■ ABOUT THIS EXERCISE
Lines from the line with "has_symbols table = table.sh_type" to the line with "let compared = (do" in the entries below, and only those, must be output exactly, with both ends included.

:: DATA SHOWN ::

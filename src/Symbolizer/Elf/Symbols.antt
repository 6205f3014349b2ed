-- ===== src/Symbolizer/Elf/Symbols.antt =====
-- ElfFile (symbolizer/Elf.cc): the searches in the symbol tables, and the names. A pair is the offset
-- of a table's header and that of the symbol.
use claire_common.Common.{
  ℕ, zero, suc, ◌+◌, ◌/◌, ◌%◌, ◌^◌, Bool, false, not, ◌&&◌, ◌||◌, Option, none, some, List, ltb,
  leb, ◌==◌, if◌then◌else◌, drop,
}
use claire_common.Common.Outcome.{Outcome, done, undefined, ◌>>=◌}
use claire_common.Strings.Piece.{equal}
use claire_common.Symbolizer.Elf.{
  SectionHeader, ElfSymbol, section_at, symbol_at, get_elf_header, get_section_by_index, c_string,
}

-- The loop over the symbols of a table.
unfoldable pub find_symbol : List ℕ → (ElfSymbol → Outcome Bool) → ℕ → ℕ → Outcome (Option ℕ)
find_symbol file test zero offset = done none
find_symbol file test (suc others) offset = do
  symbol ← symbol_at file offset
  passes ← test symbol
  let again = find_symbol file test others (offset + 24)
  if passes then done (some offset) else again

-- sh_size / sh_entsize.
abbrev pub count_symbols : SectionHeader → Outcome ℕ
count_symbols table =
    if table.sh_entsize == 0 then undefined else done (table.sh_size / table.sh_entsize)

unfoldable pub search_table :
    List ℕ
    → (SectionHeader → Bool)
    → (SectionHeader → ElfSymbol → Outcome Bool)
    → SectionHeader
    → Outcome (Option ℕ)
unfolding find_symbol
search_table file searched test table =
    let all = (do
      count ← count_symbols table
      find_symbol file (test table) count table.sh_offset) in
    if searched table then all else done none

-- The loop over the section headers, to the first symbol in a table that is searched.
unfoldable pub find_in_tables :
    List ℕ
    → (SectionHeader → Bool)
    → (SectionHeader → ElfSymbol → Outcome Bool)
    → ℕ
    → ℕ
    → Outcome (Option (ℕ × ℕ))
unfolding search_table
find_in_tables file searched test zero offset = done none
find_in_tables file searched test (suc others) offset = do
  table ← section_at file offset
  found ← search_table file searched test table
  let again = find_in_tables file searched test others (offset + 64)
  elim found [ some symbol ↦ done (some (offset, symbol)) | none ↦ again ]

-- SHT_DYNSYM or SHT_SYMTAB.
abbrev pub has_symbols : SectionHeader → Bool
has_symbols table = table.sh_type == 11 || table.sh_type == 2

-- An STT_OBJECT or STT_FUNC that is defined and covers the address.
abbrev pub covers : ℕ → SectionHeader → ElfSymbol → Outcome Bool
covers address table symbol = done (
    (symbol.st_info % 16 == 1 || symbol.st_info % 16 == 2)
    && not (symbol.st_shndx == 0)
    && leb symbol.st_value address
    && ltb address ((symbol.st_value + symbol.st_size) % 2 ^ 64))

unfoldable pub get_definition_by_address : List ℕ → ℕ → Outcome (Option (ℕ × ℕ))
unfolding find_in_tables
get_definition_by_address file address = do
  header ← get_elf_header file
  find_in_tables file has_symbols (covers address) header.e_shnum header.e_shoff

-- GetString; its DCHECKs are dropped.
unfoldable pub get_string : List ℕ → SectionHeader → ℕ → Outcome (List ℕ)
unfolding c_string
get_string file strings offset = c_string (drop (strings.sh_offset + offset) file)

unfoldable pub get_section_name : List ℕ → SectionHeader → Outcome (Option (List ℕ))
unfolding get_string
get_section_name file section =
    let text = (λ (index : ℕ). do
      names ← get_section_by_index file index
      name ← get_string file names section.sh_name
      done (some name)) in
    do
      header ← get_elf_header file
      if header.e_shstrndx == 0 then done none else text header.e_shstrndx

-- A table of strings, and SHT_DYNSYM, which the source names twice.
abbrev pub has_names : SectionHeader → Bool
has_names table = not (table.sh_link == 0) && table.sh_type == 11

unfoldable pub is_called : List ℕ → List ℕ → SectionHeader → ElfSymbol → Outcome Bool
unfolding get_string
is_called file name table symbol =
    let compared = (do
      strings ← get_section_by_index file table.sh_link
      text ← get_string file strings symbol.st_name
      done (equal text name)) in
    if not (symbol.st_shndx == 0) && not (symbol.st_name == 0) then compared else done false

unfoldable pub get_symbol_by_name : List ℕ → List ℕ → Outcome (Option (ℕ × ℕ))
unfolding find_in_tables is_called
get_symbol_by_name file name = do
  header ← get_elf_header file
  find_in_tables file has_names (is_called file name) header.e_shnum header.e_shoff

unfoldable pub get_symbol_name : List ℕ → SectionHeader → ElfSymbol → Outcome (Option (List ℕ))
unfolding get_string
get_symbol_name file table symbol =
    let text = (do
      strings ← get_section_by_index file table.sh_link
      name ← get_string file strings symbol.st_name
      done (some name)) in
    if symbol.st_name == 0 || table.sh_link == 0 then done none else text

:::

■ EXPECTED ANSWER
has_symbols table = table.sh_type == 11 || table.sh_type == 2

-- An STT_OBJECT or STT_FUNC that is defined and covers the address.
abbrev pub covers : ℕ → SectionHeader → ElfSymbol → Outcome Bool
covers address table symbol = done (
    (symbol.st_info % 16 == 1 || symbol.st_info % 16 == 2)
    && not (symbol.st_shndx == 0)
    && leb symbol.st_value address
    && ltb address ((symbol.st_value + symbol.st_size) % 2 ^ 64))

unfoldable pub get_definition_by_address : List ℕ → ℕ → Outcome (Option (ℕ × ℕ))
unfolding find_in_tables
get_definition_by_address file address = do
  header ← get_elf_header file
  find_in_tables file has_symbols (covers address) header.e_shnum header.e_shoff

-- GetString; its DCHECKs are dropped.
unfoldable pub get_string : List ℕ → SectionHeader → ℕ → Outcome (List ℕ)
unfolding c_string
get_string file strings offset = c_string (drop (strings.sh_offset + offset) file)

unfoldable pub get_section_name : List ℕ → SectionHeader → Outcome (Option (List ℕ))
unfolding get_string
get_section_name file section =
    let text = (λ (index : ℕ). do
      names ← get_section_by_index file index
      name ← get_string file names section.sh_name
      done (some name)) in
    do
      header ← get_elf_header file
      if header.e_shstrndx == 0 then done none else text header.e_shstrndx

-- A table of strings, and SHT_DYNSYM, which the source names twice.
abbrev pub has_names : SectionHeader → Bool
has_names table = not (table.sh_link == 0) && table.sh_type == 11

unfoldable pub is_called : List ℕ → List ℕ → SectionHeader → ElfSymbol → Outcome Bool
unfolding get_string
is_called file name table symbol =
    let compared = (do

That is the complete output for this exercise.